Russian Supreme Court Upholds Sentence Of Former Yukos Security Chief

Aleksei Pichugin appears in a Moscow court in April 2008.

MOSCOW -- The Russian Supreme Court has upheld the life sentence handed down a decade ago to Aleksei Pichugin, a former security chief of the now-defunct oil company Yukos.

The Supreme Court reviewed Pichugin's case after the European Court of Human Rights ruled in June that Russian authorities violated his rights during the investigation and ignored the presumption of innocence, and ordered the government to pay 15,000 euros ($17,400).
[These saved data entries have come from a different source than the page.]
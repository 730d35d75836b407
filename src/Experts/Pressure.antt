-- ===== src/Experts/Pressure.antt =====
-- src/memory/MemoryPressureController.hpp, src/memory/MemoryPressureController.cpp: a poll of the
-- memory, which evicts experts down to a safety margin. The controller shares its memory manager with
-- the expert manager. How many transfers are pending is an argument.
pub mod Leased
use hypermoe_engine.Base.{ℕ, ◌-◌, Bool, true, false, ltb, leb, if◌then◌else◌}
use hypermoe_engine.Base.Word.{add64}
use hypermoe_engine.Base.Outcome.{Outcome, ok, throws}
use hypermoe_engine.Base.Exec.{Exec, continue, pure, ◌>>=◌, ◌>>◌}
use hypermoe_engine.Memory.Tier.{Tier, vram, ram}
use hypermoe_engine.Memory.Manager.{TierUsage, usage_for}
use hypermoe_engine.Cache.Policy.{CachePolicy}
use hypermoe_engine.Experts.State.{ExpertManager}
use hypermoe_engine.Experts.Residency.{evict_until_within}

pub record MemoryPressureConfig : Type 0 where
  pub vram_safety_margin_bytes : ℕ
  pub ram_safety_margin_bytes : ℕ
  pub storage_queue_high_watermark : ℕ

pub record MemoryPressureReport : Type 0 where
  pub vram_pressure : Bool
  pub ram_pressure : Bool
  pub storage_queue_pressure : Bool
  pub vram_experts_moved : ℕ
  pub ram_experts_moved : ℕ
  pub storage_queue_depth : ℕ

pub record MemoryPressureStats : Type 0 where
  pub polls : ℕ
  pub vram_pressure_events : ℕ
  pub ram_pressure_events : ℕ
  pub storage_queue_pressure_events : ℕ

pub record MemoryPressureController (P : CachePolicy) : Type 0 where
  pub experts : ExpertManager P
  pub config : MemoryPressureConfig
  pub stats : MemoryPressureStats

-- `limit > margin ? limit - margin : 0`
unfoldable pub target_of : TierUsage → ℕ → ℕ
target_of u margin = if ltb margin u.limit_bytes then u.limit_bytes - margin else 0

unfoldable pub count_event : Tier → MemoryPressureStats → MemoryPressureStats
unfolding add64
count_event vram s = record s { vram_pressure_events = add64 s.vram_pressure_events 1 }
count_event _ s = record s { ram_pressure_events = add64 s.ram_pressure_events 1 }

module _ {P : CachePolicy} where
  abbrev pub used_bytes : Tier → MemoryPressureController P → ℕ
  used_bytes tier c = (usage_for c.experts.memory tier).used_bytes

  -- `experts_.evictUntilWithin(tier, target)`
  unfoldable pub evict : Tier → ℕ → Exec (MemoryPressureController P) ℕ
  evict tier target c =
      let (r, experts) = evict_until_within tier target c.experts in
      (r, record c { experts = experts })

  -- Is the tier under pressure, and how many experts were moved then?
  unfoldable pub relieve : Tier → ℕ → Exec (MemoryPressureController P) (Bool × ℕ)
  unfolding count_event
  relieve tier target c =
      if ltb target (used_bytes tier c)
      then (do n ← evict tier target; pure (true, n))
          (record c { stats = count_event tier c.stats })
      else (ok (false, 0), c)

  unfoldable pub look_at_queue : ℕ → Exec (MemoryPressureController P) Bool
  unfolding add64
  look_at_queue pending c =
      if leb c.config.storage_queue_high_watermark pending
      then (
        ok true,
        record c {
          stats = record c.stats {
            storage_queue_pressure_events = add64 c.stats.storage_queue_pressure_events 1;
          };
        },
      )
      else (ok false, c)

  unfoldable pub relieve_both : ℕ → ℕ → ℕ → Exec (MemoryPressureController P) MemoryPressureReport
  relieve_both vram_target ram_target pending = do
    v ← relieve vram vram_target
    r ← relieve ram ram_target
    q ← look_at_queue pending
    pure (record {
      vram_pressure = v.0;
      ram_pressure = r.0;
      storage_queue_pressure = q;
      vram_experts_moved = v.1;
      ram_experts_moved = r.1;
      storage_queue_depth = pending;
    })

  -- The targets are those of the usage at the start.
  unfoldable pub poll : ℕ → Exec (MemoryPressureController P) MemoryPressureReport
  unfolding add64
  poll pending c =
      relieve_both (target_of (usage_for c.experts.memory vram) c.config.vram_safety_margin_bytes)
        (target_of (usage_for c.experts.memory ram) c.config.ram_safety_margin_bytes) pending
        (record c { stats = record c.stats { polls = add64 c.stats.polls 1 } })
Pichugin was sentenced to life in prison in 2007 after being convicted of organizing the murders of three people, including a city mayor who was pressuring Yukos to pay more taxes. He maintains his innocence.

Once Russia's largest company. Yukos was dismantled after the 2003 arrest of its CEO, Mikhail Khodorkovsky, who was later convicted of financial crimes at two trials that he had supporters contend were engineered by the Kremlin to punish him for challenges to President Vladimir Putin and increase the Kremlin's control over oil export revenues.

The main production assets of Yukos were sold at auction and ended up in the hands of state oil company Rosneft.

Khodorkovsky spent 10 years in prison before he was released and left Russia after being pardoned by Putin in 2013.

Pichugin's petitions for clemency have been declined by Putin.

The Russian human rights group Memorial has recognized Pichugin as a prisoner of conscience.